Les chorégraphes sont, pour la plupart, des interprètes qui ont senti l’appel de la création. Ils peuvent même se former pour faciliter la transition. L’UQÀM offre un baccalauréat en danse, dont quelques cours permettent aux étudiants d’explorer la chorégraphie. L’université Concordia dispense, pour sa part, une majeure en danse contemporaine visant à former des chorégraphes.

Or, tous les interprètes ne rêvent pas à la chorégraphie. «Il y en a qui ont besoin de créer, alors que d’autres ont besoin d’être sur la scène. Dans mon cas, je m’intéressais à ce qui se passait derrière les rideaux», explique Lyne Binette, directrice du secteur professionnel et enseignante à l’École de danse de Québec.

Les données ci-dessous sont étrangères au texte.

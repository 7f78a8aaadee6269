-- ===== src/Scheduler/Runs.antt =====
-- The table of runs and the execution of a schedule: lease, recordRun, RunNow and execute of
-- source/internal/scheduler/scheduler.go, over migration 0001. Times are seconds; the key of a run,
-- "id@time", is the pair of both.
use bonghos.Base.{
  ℕ, String, Bool, true, false, ◌&&◌, ◌||◌, not, List, [], ◌∷◌, ◌++◌, Option, none, some, map, ◌==◌,
  if◌then◌else◌, eqb, any,
}
use bonghos.Scheduler.Actions.{Payload, Call, start_server, ActionError, Answers, run_action}

pub record Schedule : Type 0 where
  pub id : ℕ
  pub action : String
  pub payload : Payload
  pub offline_policy : String
  pub missed_run_policy : String
  pub conflict_policy : String

-- A row of `schedule_runs`, without its texts of detail.
pub record RunRow : Type 0 where
  pub schedule_id : ℕ
  pub planned_at : ℕ
  pub status : String
  pub started_at : Option ℕ
  pub finished_at : Option ℕ

-- The runs, and the columns `last_run_at` and `last_result` of a schedule.
pub record Ledger : Type 0 where
  pub runs : List RunRow
  pub last_run : ℕ → Option (ℕ × String)

-- The CHECK on `status`.
unfoldable pub valid_status : String → Bool
valid_status s =
    s == "queued"
    || (s == "running"
        || (s == "succeeded"
            || (s == "partially_succeeded"
                || (s == "failed" || (s == "skipped" || s == "cancelled")))))

abbrev pub has_key : ℕ → ℕ → RunRow → Bool
has_key id planned r = eqb r.schedule_id id && eqb r.planned_at planned

unfoldable pub is_known : ℕ → ℕ → Ledger → Bool
is_known id planned l = any (has_key id planned) l.runs

abbrev pub new_row : ℕ → ℕ → String → RunRow
new_row id planned status = record {
  schedule_id = id;
  planned_at = planned;
  status = status;
  started_at = none;
  finished_at = none;
}

-- lease: the insert fails on a key that is there, or for a reason (`fault`) of the database's own.
unfoldable pub lease : Bool → ℕ → ℕ → Ledger → Ledger × Bool
lease fault id planned l =
    if fault || is_known id planned l
    then (l, false)
    else (record l { runs = new_row id planned "queued" ∷ l.runs }, true)

abbrev pub finish_row : ℕ → ℕ → ℕ → String → RunRow → RunRow
finish_row now id planned status r =
    if has_key id planned r then record r { status = status; finished_at = some now } else r

abbrev pub start_row : ℕ → ℕ → ℕ → RunRow → RunRow
start_row now id planned r =
    if has_key id planned r then record r { status = "running"; started_at = some now } else r

-- The first two statements of recordRun. A status outside the CHECK makes INSERT OR IGNORE skip the
-- row and the UPDATE fail on every row it matches.
unfoldable pub write_status : ℕ → ℕ → ℕ → String → List RunRow → List RunRow
write_status now id planned status rows =
    if not (valid_status status)
    then rows
    else map (finish_row now id planned status)
        (if any (has_key id planned) rows then rows else new_row id planned status ∷ rows)

-- recordRun
unfoldable pub record_run : ℕ → ℕ → ℕ → String → Ledger → Ledger
record_run now id planned status l = record l {
  runs = write_status now id planned status l.runs;
  last_run = λ i. if eqb i id then some (now, status) else l.last_run i;
}

-- `UPDATE schedule_runs SET status='running'`
unfoldable pub mark_running : ℕ → ℕ → ℕ → Ledger → Ledger
mark_running now id planned l = record l { runs = map (start_row now id planned) l.runs }

-- What the Executor answers while a run executes: `online_later` is the end of the ten minutes of
-- waiting for the server.
pub record Situation : Type 0 where
  pub operation_in_progress : Bool
  pub online : Bool
  pub online_later : Bool
  pub start_error : Option String
  pub answers : Answers
  pub interrupted : ℕ → Bool

abbrev pub needs_online : String → Bool
needs_online action =
    action == "send_console_command" || (action == "broadcast_message" || action == "save_all")

-- The ledger, the calls that were made, and whether the run was put off by two minutes.
pub record Executed : Type 0 where
  pub ledger : Ledger
  pub calls : List Call
  pub retried : Bool

abbrev pub outcome : Option ActionError → String
outcome none = "succeeded"
outcome (some e) = "failed"

-- The end of execute: the action, and its result; `before` are the calls made so far.
unfoldable pub perform : ℕ → Situation → Schedule → ℕ → List Call → Ledger → Executed
perform now w s planned before l =
    let p = run_action w.answers w.interrupted s.action s.payload in
    record {
      ledger = record_run now s.id planned (outcome p.error) l;
      calls = before ++ p.calls;
      retried = false;
    }

abbrev pub give_up : ℕ → Schedule → ℕ → String → List Call → Ledger → Executed
give_up now s planned status calls l = record {
  ledger = record_run now s.id planned status l;
  calls = calls;
  retried = false;
}

abbrev pub started : Option String → Bool
started none = true
started (some e) = false

unfoldable pub when_offline : ℕ → Situation → Schedule → ℕ → Ledger → Executed
unfolding perform
when_offline now w s planned l =
    if s.offline_policy == "start_then_execute"
    then (if started w.start_error
        then perform now w s planned (start_server ∷ []) l
        else give_up now s planned "failed" (start_server ∷ []) l)
    else if s.offline_policy == "wait_until_online"
    then (if w.online_later
        then perform now w s planned [] l
        else give_up now s planned "skipped" [] l)
    else give_up now s planned "skipped" [] l

-- execute
unfoldable pub execute : ℕ → Situation → Schedule → ℕ → Ledger → Executed
unfolding when_offline
execute now w s planned l0 =
    let l = mark_running now s.id planned l0 in
    if w.operation_in_progress && not (s.action == "create_backup")
    then (if s.conflict_policy == "retry_later"
        then record { ledger = record_run now s.id planned "queued" l; calls = []; retried = true }
        else give_up now s planned "skipped" [] l)
    else if needs_online s.action && not w.online
    then when_offline now w s planned l
    else perform now w s planned [] l

abbrev pub manual_status : Option ActionError → String
manual_status none = "success"
manual_status (some e) = "failed"

-- RunNow
unfoldable pub run_now : ℕ → Situation → Schedule → Ledger → Executed
run_now now w s l =
    let p = run_action w.answers w.interrupted s.action s.payload in
    record {
      ledger = record_run now s.id now (manual_status p.error) l;
      calls = p.calls;
      retried = false;
    }

-- What tick does with a schedule that is due.
unfoldable pub tick_due : Bool → ℕ → Situation → Schedule → ℕ → Ledger → Option Executed
tick_due fault now w s planned l =
    let (leased, won) = lease fault s.id planned l in
    if won then some (execute now w s planned leased) else none

-- What handleMissed does with a schedule whose time has passed when Bonghos starts.
unfoldable pub handle_missed : ℕ → Situation → Schedule → ℕ → Ledger → Executed
handle_missed now w s planned l =
    if s.missed_run_policy == "run_once_after_startup"
    then execute now w s planned l
    else give_up now s planned "skipped" [] l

Dominique Porte, de son côté, a créé sa compagnie Système D en 1999 pour satisfaire son désir de faire danser les autres, mais aussi pour créer son propre emploi.

Un petit côté entrepreneur

Outre le talent de créateur, le chorégraphe doit aussi posséder un esprit d’entrepreneur, car il lui faut monter ses projets du début à la fin : rédiger un synopsis du spectacle, remplir des demandes de subvention, établir un budget et diriger une équipe de danseurs.

Comme l’explique Daniel Bélanger, chorégraphe, c’est un métier exigeant, car «le travail de création demande de plonger profondément dans son propre univers», explique-t-il. Mais en fondant sa compagnie de danse en 2003, Code Universel, M. Bélanger voulait aussi donner la possibilité aux jeunes professionnels de la danse de vivre de leur métier et de réaliser leur rêve.